Context of and specific resources for assessment

9.3)

This unit should be assessed as it relates to normal work practice using procedures, information and resources typical of a workplace. This should include:

OHS policy and work procedures and instructions.

Suitable work environment, facilities, equipment and materials to undertake actual work as prescribed in this unit.

These should be used in the formal learning/assessment environment.

Note:

Where simulation is considered a suitable strategy for assessment, conditions for assessment must be authentic and as far as possible reproduce and replicate the workplace and be consistent with the approved industry simulation policy.

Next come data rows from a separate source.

-- ===== src/Cli/Commands/Fetching.antt =====
-- The session statistics through a fetch (src/cli/fincore_cli.cpp).
use fin_core_streaming_syste.Prelude.{ℕ, refl, Bool, Option, none, some, List, [], ◌∷◌, Text}
use fin_core_streaming_syste.Prelude.Int.{ℤ}
use fin_core_streaming_syste.Core.Double.{Double}
use fin_core_streaming_syste.Core.Types.{Quote}
use fin_core_streaming_syste.Cli.Metrics.{ProcessSnapshot}
use fin_core_streaming_syste.Cli.Services.{Services}
use fin_core_streaming_syste.Cli.Monad.{modify}
use fin_core_streaming_syste.Cli.Fetch.{
  read_cache, cache_or_api, conclude, store_all, finish, try_fetch, measured_fetch, fetch_symbol,
  fetch_each, fetch_all, fresh_metrics,
}
use fin_core_streaming_syste.Cli.Fetch.Frame.{read_cache-Frame, cache_or_api-Frame, store_all-Frame}
use fin_core_streaming_syste.Cli.Commands.Keeps.{
  keeping, Keeps, Keeps-Frame, Keeps-bind, Keeps-pure, Keeps-modify, Keeps-record,
}

module _ {D : Double} {S : Services D} where
  read_cache-Keeps : (symbol : Text) → Keeps (read_cache {D = D} {S = S} symbol)
  read_cache-Keeps symbol = Keeps-Frame _ (read_cache-Frame symbol)

  cache_or_api-Keeps :
      (symbol : Text) (q : Option (Quote D)) → Keeps (cache_or_api {D = D} {S = S} symbol q)
  cache_or_api-Keeps symbol q = Keeps-Frame _ (cache_or_api-Frame symbol q)

  store_all-Keeps :
      (symbol : Text) (quote : Quote D) → Keeps (store_all {D = D} {S = S} symbol quote)
  store_all-Keeps symbol quote = Keeps-Frame _ (store_all-Frame symbol quote)

  conclude-Keeps :
      (before : ProcessSnapshot) (started : ℤ) → Keeps (conclude {D = D} {S = S} before started)
  unfolding conclude
  conclude-Keeps before started = search (keeping, Keeps-record) depth 24

  finish-Keeps :
      (symbol : Text) (print_data print_metrics : Bool) (before : ProcessSnapshot) (started : ℤ)
      (quote : Option (Quote D))
      → Keeps (finish {D = D} {S = S} symbol print_data print_metrics before started quote)
  unfolding finish
  finish-Keeps symbol print_data print_metrics before started none =
      search (keeping, conclude-Keeps) depth 24
  finish-Keeps symbol print_data print_metrics before started (some quote) =
      search (keeping, conclude-Keeps, store_all-Keeps) depth 24

  try_fetch-Keeps :
      (symbol : Text) (print_data print_metrics : Bool) (before : ProcessSnapshot) (started : ℤ)
      → Keeps (try_fetch {D = D} {S = S} symbol print_data print_metrics before started)
  unfolding try_fetch
  try_fetch-Keeps symbol print_data print_metrics before started =
      search (keeping, read_cache-Keeps, cache_or_api-Keeps, finish-Keeps) depth 24

  start_metrics-Keeps :
      (symbol : Text)
      → Keeps {D = D} {S = S} (modify (λ s. record s { metrics = fresh_metrics symbol }))
  start_metrics-Keeps symbol = Keeps-modify _ (λ s. refl)

  measured_fetch-Keeps :
      (symbol : Text) (print_data print_metrics : Bool)
      → Keeps (measured_fetch {D = D} {S = S} symbol print_data print_metrics)
  unfolding measured_fetch
  measured_fetch-Keeps symbol print_data print_metrics =
      search (keeping, start_metrics-Keeps, try_fetch-Keeps, conclude-Keeps) depth 24

  pub fetch_symbol-Keeps :
      (symbol : Text) (print_data print_metrics : Bool)
      → Keeps (fetch_symbol {D = D} {S = S} symbol print_data print_metrics)
  unfolding fetch_symbol
  fetch_symbol-Keeps symbol print_data print_metrics =
      search (keeping, measured_fetch-Keeps) depth 24

  fetch_each-Keeps :
      (symbols : List Text) (print_data print_metrics : Bool) (successes : ℕ)
      → Keeps (fetch_each {D = D} {S = S} symbols print_data print_metrics successes)
  unfolding fetch_each
  fetch_each-Keeps [] print_data print_metrics successes = Keeps-pure _
  fetch_each-Keeps (symbol ∷ symbols) print_data print_metrics successes =
      Keeps-bind _ _ (fetch_symbol-Keeps symbol print_data print_metrics)
        (λ fetched. fetch_each-Keeps symbols print_data print_metrics _)

  pub fetch_all-Keeps :
      (print_data print_metrics : Bool) → Keeps (fetch_all {D = D} {S = S} print_data print_metrics)
  unfolding fetch_all
  fetch_all-Keeps print_data print_metrics = search (keeping, fetch_each-Keeps) depth 24
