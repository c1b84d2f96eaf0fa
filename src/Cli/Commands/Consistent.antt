-- ===== src/Cli/Commands/Consistent.antt =====
-- The session statistics through the commands (src/cli/fincore_cli.cpp).
use fin_core_streaming_syste.Prelude.{
  ℕ, zero, suc, refl, Bool, true, false, Option, none, some, List, [], ◌∷◌, Text, Result, ok, err,
}
use fin_core_streaming_syste.Prelude.Int.{ℤ}
use fin_core_streaming_syste.Core.Double.{Double}
use fin_core_streaming_syste.Core.OrderBook.{OrderBook}
use fin_core_streaming_syste.Cli.Metrics.Invariant.{IsConsistent, new_session-IsConsistent}
use fin_core_streaming_syste.Cli.Services.{Services}
use fin_core_streaming_syste.Cli.Monad.{Action, modify}
use fin_core_streaming_syste.Cli.Fetch.{or_missing}
use fin_core_streaming_syste.Cli.Commands.{
  initial, lift, when, discard, sleep, print_summary, handle_symbols, handle_fetch,
  require_configured, show_book, handle_book, measure_lookup, handle_lookup, watch_rounds, watch,
  handle_watch, poll_cycles, poll, handle_poll, handle_redis, handle_stats, dispatch, handle_tokens,
  handle_line, run_lines, run,
}
use fin_core_streaming_syste.Cli.Commands.Keeps.{
  keeping, Keeps, Keeps-bind, Keeps-pure, Keeps-throw, Keeps-modify, Keeps-reset, Keeps-write,
}
use fin_core_streaming_syste.Cli.Commands.Fetching.{fetch_symbol-Keeps, fetch_all-Keeps}

module _ {D : Double} {S : Services D} where
  lift-Keeps : {A : Type 0} (r : Result A) → Keeps (lift {D = D} {S = S} r)
  unfolding lift
  lift-Keeps (ok a) = Keeps-pure a
  lift-Keeps (err e) = Keeps-throw e

  when-Keeps : (b : Bool) (m : Action S (Unit {0})) → Keeps m → Keeps (when b m)
  unfolding when
  when-Keeps true m h = h
  when-Keeps false m h = Keeps-pure tt

  discard-Keeps : {A : Type 0} (m : Action S A) → Keeps m → Keeps (discard m)
  unfolding discard
  discard-Keeps m h = Keeps-bind _ _ h (λ _. Keeps-pure tt)

  sleep-Keeps : (ms : ℕ) → Keeps (sleep {D = D} {S = S} ms)
  unfolding sleep
  sleep-Keeps ms = Keeps-modify _ (λ s. refl)

  print_summary-Keeps : Keeps (print_summary {D = D} {S = S})
  unfolding print_summary
  print_summary-Keeps = search keeping depth 24

  handle_symbols-Keeps : (args : List Text) → Keeps (handle_symbols {D = D} {S = S} args)
  unfolding handle_symbols
  handle_symbols-Keeps [] = search keeping depth 24
  handle_symbols-Keeps (_ ∷ _) = Keeps-throw _

  handle_fetch-Keeps : (args : List Text) → Keeps (handle_fetch {D = D} {S = S} args)
  unfolding handle_fetch
  handle_fetch-Keeps [] = Keeps-throw _
  handle_fetch-Keeps (arg ∷ []) =
      search (keeping, fetch_all-Keeps, discard-Keeps, fetch_symbol-Keeps) depth 24
  handle_fetch-Keeps (_ ∷ (_ ∷ _)) = Keeps-throw _

  require_configured-Keeps : (symbol : Text) → Keeps (require_configured {D = D} {S = S} symbol)
  unfolding require_configured
  require_configured-Keeps symbol = search (keeping, when-Keeps) depth 24

  or_missing-Keeps : (o : Option (OrderBook D)) → Keeps (or_missing {D = D} {S = S} o)
  unfolding or_missing
  or_missing-Keeps none = Keeps-throw _
  or_missing-Keeps (some book) = Keeps-pure book

  show_book-Keeps : (symbol : Text) (b : Bool) → Keeps (show_book {D = D} {S = S} symbol b)
  unfolding show_book
  show_book-Keeps symbol false = Keeps-write _
  show_book-Keeps symbol true = search (keeping, or_missing-Keeps) depth 24

  handle_book-Keeps : (args : List Text) → Keeps (handle_book {D = D} {S = S} args)
  unfolding handle_book
  handle_book-Keeps [] = Keeps-throw _
  handle_book-Keeps (arg ∷ []) =
      search (keeping, require_configured-Keeps, show_book-Keeps) depth 24
  handle_book-Keeps (_ ∷ (_ ∷ _)) = Keeps-throw _

  measure_lookup-Keeps :
      (symbol : Text) (count : ℕ) → Keeps (measure_lookup {D = D} {S = S} symbol count)
  unfolding measure_lookup
  measure_lookup-Keeps symbol count = search (keeping, require_configured-Keeps) depth 40

  handle_lookup-Keeps : (args : List Text) → Keeps (handle_lookup {D = D} {S = S} args)
  unfolding handle_lookup
  handle_lookup-Keeps [] = Keeps-throw _
  handle_lookup-Keeps (arg ∷ []) = measure_lookup-Keeps _ _
  handle_lookup-Keeps (arg ∷ (count_text ∷ [])) =
      search (keeping, lift-Keeps, measure_lookup-Keeps) depth 24
  handle_lookup-Keeps (_ ∷ (_ ∷ (_ ∷ _))) = Keeps-throw _

  watch_rounds-Keeps :
      (target : Text) (count interval_ms left : ℕ)
      → Keeps (watch_rounds {D = D} {S = S} target count interval_ms left)
  unfolding watch_rounds
  watch_rounds-Keeps target count interval_ms zero = Keeps-pure tt
  watch_rounds-Keeps target count interval_ms (suc left) =
      let rest = watch_rounds-Keeps target count interval_ms left in
      search (keeping, fetch_all-Keeps, discard-Keeps, fetch_symbol-Keeps, when-Keeps, sleep-Keeps)
        depth 24

  watch-Keeps :
      (target : Text) (count interval_ms : ℕ)
      → Keeps (watch {D = D} {S = S} target count interval_ms)
  unfolding watch
  watch-Keeps target count interval_ms =
      search
        (keeping, when-Keeps, require_configured-Keeps, watch_rounds-Keeps, print_summary-Keeps)
        depth 24

  handle_watch-Keeps : (args : List Text) → Keeps (handle_watch {D = D} {S = S} args)
  unfolding handle_watch
  handle_watch-Keeps [] = Keeps-throw _
  handle_watch-Keeps (arg ∷ []) = watch-Keeps _ _ _
  handle_watch-Keeps (arg ∷ (count_text ∷ [])) = search (keeping, lift-Keeps, watch-Keeps) depth 24
  handle_watch-Keeps (arg ∷ (count_text ∷ (interval_text ∷ []))) =
      search (keeping, lift-Keeps, watch-Keeps) depth 24
  handle_watch-Keeps (_ ∷ (_ ∷ (_ ∷ (_ ∷ _)))) = Keeps-throw _

  poll_cycles-Keeps :
      (count seconds left : ℕ) → Keeps (poll_cycles {D = D} {S = S} count seconds left)
  unfolding poll_cycles
  poll_cycles-Keeps count seconds zero = Keeps-pure tt
  poll_cycles-Keeps count seconds (suc left) =
      let rest = poll_cycles-Keeps count seconds left in
      search (keeping, fetch_all-Keeps, when-Keeps, sleep-Keeps) depth 24

  poll-Keeps : (count seconds : ℕ) → Keeps (poll {D = D} {S = S} count seconds)
  unfolding poll
  poll-Keeps count seconds = search (keeping, poll_cycles-Keeps, print_summary-Keeps) depth 24

  handle_poll-Keeps : (args : List Text) → Keeps (handle_poll {D = D} {S = S} args)
  unfolding handle_poll
  handle_poll-Keeps [] = search (keeping, poll-Keeps) depth 24
  handle_poll-Keeps (count_text ∷ []) = search (keeping, lift-Keeps, poll-Keeps) depth 24
  handle_poll-Keeps (count_text ∷ (seconds_text ∷ [])) =
      search (keeping, lift-Keeps, poll-Keeps) depth 24
  handle_poll-Keeps (_ ∷ (_ ∷ (_ ∷ _))) = Keeps-throw _

  handle_redis-Keeps : (args : List Text) → Keeps (handle_redis {D = D} {S = S} args)
  unfolding handle_redis
  handle_redis-Keeps [] = Keeps-throw _
  handle_redis-Keeps (arg ∷ []) = search keeping depth 24
  handle_redis-Keeps (_ ∷ (_ ∷ _)) = Keeps-throw _

  handle_stats-Keeps : (args : List Text) → Keeps (handle_stats {D = D} {S = S} args)
  unfolding handle_stats
  handle_stats-Keeps [] = print_summary-Keeps
  handle_stats-Keeps (arg ∷ []) = search (keeping, Keeps-reset) depth 24
  handle_stats-Keeps (_ ∷ (_ ∷ _)) = Keeps-throw _

  stop-Keeps : Keeps {D = D} {S = S} (modify (λ s. record s { running = false }))
  stop-Keeps = Keeps-modify _ (λ s. refl)

  dispatch-Keeps :
      (command : Text) (args : List Text) → Keeps (dispatch {D = D} {S = S} command args)
  unfolding dispatch
  dispatch-Keeps command args =
      search
        (
          keeping, handle_symbols-Keeps, handle_fetch-Keeps, handle_book-Keeps, handle_lookup-Keeps,
          handle_watch-Keeps, handle_poll-Keeps, handle_redis-Keeps, handle_stats-Keeps, stop-Keeps,
        )
        depth 40

  handle_tokens-Keeps : (tokens : List Text) → Keeps (handle_tokens {D = D} {S = S} tokens)
  unfolding handle_tokens
  handle_tokens-Keeps [] = Keeps-pure tt
  handle_tokens-Keeps (command ∷ args) = dispatch-Keeps _ args

  run_lines-Keeps : (lines : List Text) → Keeps (run_lines {D = D} {S = S} lines)
  unfolding run_lines handle_line
  run_lines-Keeps [] = search (keeping, when-Keeps) depth 24
  run_lines-Keeps (line ∷ lines) =
      let rest = run_lines-Keeps lines in search (keeping, when-Keeps, handle_tokens-Keeps) depth 24

-- However a session goes, with any input, services that return or throw anything, and any
-- configured symbols, the session statistics end consistent: attempts are successes and
-- failures, and as many as the total times, and the hits and misses of each stage are as many as
-- its samples, modulo 2^64.
pub run-IsConsistent :
    {D : Double} (S : Services D) (symbols : List Text) (default_poll_seconds : ℤ) (world : S.World)
    (books : List (Text × OrderBook D)) (lines : List Text)
    → IsConsistent (run lines (initial S symbols default_poll_seconds world books)).1.stats
unfolding run initial
run-IsConsistent {D} S symbols default_poll_seconds world books lines =
    let all : Keeps (run {D = D} {S = S} lines) = search (keeping, run_lines-Keeps) depth 24 in
    all.keeps (initial S symbols default_poll_seconds world books) new_session-IsConsistent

The resources used for assessment should reflect current industry practices in relation to providing solutions for uses of materials and thermodynamic effects.

Method of assessment

9.4)

This unit shall be assessed by methods given in Volume 1, Part 3 ‘Assessment Guidelines’.

Note:

Competent performance with inherent safe working practices is expected in the Industry to which this unit applies. This requires that the specified essential knowledge and associated skills are assessed in a structured environment which is primarily intended for learning/assessment and incorporates all necessary equipment and facilities for learners to develop and demonstrate the essential knowledge and skills described in this unit.

Concurrent assessment and relationship with other units

9.5)

There are no concurrent assessment recommendations for this unit.


Range Statement

10) This relates to the unit as a whole providing the range of contexts and conditions to which the performance criteria apply. It allows for different work environments and situations that will affect performance.

This unit shall be demonstrated in relation to analysing materials and thermodynamic effects relative to two different engineering applications.

Note.

Typical engineering applications are those encountered in meeting performance requirements and compliance standards, revising a machine operating parameters and dealing with machine malfunctions.

Generic terms used throughout this Vocational Standard shall be regarded as part of the Range Statement in which competency is demonstrated. The definition of these and other terms that apply are given in Volume 2, Part 2.1.


Sectors

Not applicable.


Employability Skills

5)

This unit contains Employability Skills

The required outcomes described in this unit of competency contain applicable facets of Employability Skills. The Employability Skills Summary of the qualification in which this unit of competency is packaged will assist in identifying Employability Skill requirements.


Licensing Information

License to practice

3)

The skills and knowledge described in this unit do not require a license to practice in the workplace. However, practice in this unit is subject to regulations directly related to occupational health and safety, codes of work practice and standard work procedures related to the characteristics and behaviour of material in an engineering environment.